## STORED DATA
####
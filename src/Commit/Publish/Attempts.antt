-- ===== src/Commit/Publish/Attempts.antt =====
-- The attempts of a run of `gen_new_commit` of server/repo-op.c, and the one that moves the branch.
use seafile_server.Base.{ℕ, suc, ◌≤◌, ◌≡◌, ◌⊎◌, Bool, true, false, none, some, CString, codes, take}
use seafile_server.Walk.{three}
use seafile_server.Merge.{MergeState, Rc, success}
use seafile_server.Merge.Trees.{seaf_merge_trees}
use seafile_server.Branch.{BranchState, put_row, branch_set_commit, test_and_update_branch}
use seafile_server.Commit.{Commit, Repo, get_commit}
use seafile_server.Commit.Publish.{
  World, PublishEnv, Change, get_repo, save_commit, merge_with_head, set_branches, merge_env,
  merge_start, max_retry_count,
}

module _ (E : PublishEnv) (change : Change) where
  -- The merge of an attempt, which reads the head `current_head` of the library.
  abbrev pub merge_result :
      (v : World) (repo : Repo) (current_head new_commit : Commit)
      → Rc × MergeState (merge_env E v repo new_commit.commit_id)
  merge_result v repo current_head new_commit =
      seaf_merge_trees (merge_env E v repo new_commit.commit_id) change.depth
        (three change.base.root_id current_head.root_id change.new_root)
        (merge_start E (merge_env E v repo new_commit.commit_id) tt v.objects)

  -- The commit for the branch to move to is the new one, where its base is the head that was read, or
  -- else the merge of its root with the root of that head.
  abbrev pub Joins : World → Repo → Commit → Commit → Commit → Type 0
  Joins v repo current_head new_commit commit =
      ((change.base.commit_id ≡ current_head.commit_id) × (commit ≡ new_commit))
      ⊎ ((commit.second_parent_id ≡ some new_commit.commit_id)
          × ((merge_result v repo current_head new_commit).0 ≡ success)
          × (commit.root_id
              ≡ take 40 (merge_result v repo current_head new_commit).1.merged_tree_root))

  abbrev pub Fits : World → Repo → Commit → Commit → Commit → Type 0
  Fits v repo current_head new_commit commit =
      (commit.parent_id ≡ some current_head.commit_id) × Joins v repo current_head new_commit commit

  module _ (new_commit : Commit) where
    -- An attempt that came as far as the transaction: from a world it read the head, made the commit,
    -- and updated the branch in the table as other processes left it.
    pub record Tried (attempt : ℕ) (repo : Repo) (v : World) : Type 0 where
      pub current_head : Commit
      pub commit : Commit
      pub saved : World
      pub updated : Bool
      pub branches : BranchState
      pub is_current : get_commit v.commits repo.id repo.head.commit_id ≡ some current_head
      pub merges :
          merge_with_head E change v repo current_head new_commit (E.now (suc attempt))
          ≡ ((none, saved), commit)
      pub updates :
          test_and_update_branch E.is_virtual_repo
            (E.trans attempt)
            (branch_set_commit repo.head commit.commit_id)
            current_head.commit_id
            (E.others attempt saved).branches
          ≡ (updated, branches)

    -- The world that an attempt leaves.
    abbrev pub left_by : (attempt : ℕ) (repo : Repo) (v : World) → Tried attempt repo v → World
    left_by attempt repo v t = set_branches E change (E.others attempt t.saved) t.branches

    -- The worlds in which the attempts of a run begin, with the library as it was read: the first when
    -- the new commit is saved, each other after an attempt that did not update the branch.
    pub data Reaches (repo_id : CString) (w : World) : ℕ → Repo → World → Type 0 where
      first_attempt :
          {repo : Repo} {v : World}
          → get_repo E w repo_id ≡ some repo
          → save_commit E change w new_commit ≡ ((none, v), new_commit)
          → Reaches repo_id w 0 repo v
      next_attempt :
          {k : ℕ} {repo repo' : Repo} {v : World} (t : Tried k repo v)
          → Reaches repo_id w k repo v
          → t.updated ≡ false
          → change.retry_on_conflict ≡ true
          → get_repo E (E.sleeps k (left_by k repo v t)) repo_id ≡ some repo'
          → Reaches repo_id w (suc k) repo' (E.sleeps k (left_by k repo v t))

    -- The run ended with an attempt that has moved the branch from the head that it had read.
    pub record Landed (repo_id : CString) (w : World) (id : CString) (after : World) : Type 0 where
      pub attempt : ℕ
      pub repo : Repo
      pub begins : World
      pub reached : Reaches repo_id w attempt repo begins
      pub in_time : attempt ≤ max_retry_count E change
      pub tried : Tried attempt repo begins
      pub did_update : tried.updated ≡ true
      pub ends : after ≡ left_by attempt repo begins tried
      pub is_commit : tried.commit.commit_id ≡ id
      pub fits : Fits begins repo tried.current_head new_commit tried.commit
      pub head : CString
      pub was_head :
          (E.others attempt tried.saved).branches.heads (take 36 repo_id) (codes "master")
          ≡ some head
      pub is_head : take 40 head ≡ tried.current_head.commit_id
      pub moved :
          after.branches.heads
          ≡ put_row
              (record { name = codes "master"; repo_id = take 36 repo_id; commit_id = take 40 id })
              (E.others attempt tried.saved).branches.heads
####
## WHAT IS EXPECTED
In the material above, find each line containing the word "record" and copy it.

## WRITTEN ANSWER
    pub record Tried (attempt : ℕ) (repo : Repo) (v : World) : Type 0 where
    pub record Landed (repo_id : CString) (w : World) (id : CString) (after : World) : Type 0 where
              (record { name = codes "master"; repo_id = take 36 repo_id; commit_id = take 40 id })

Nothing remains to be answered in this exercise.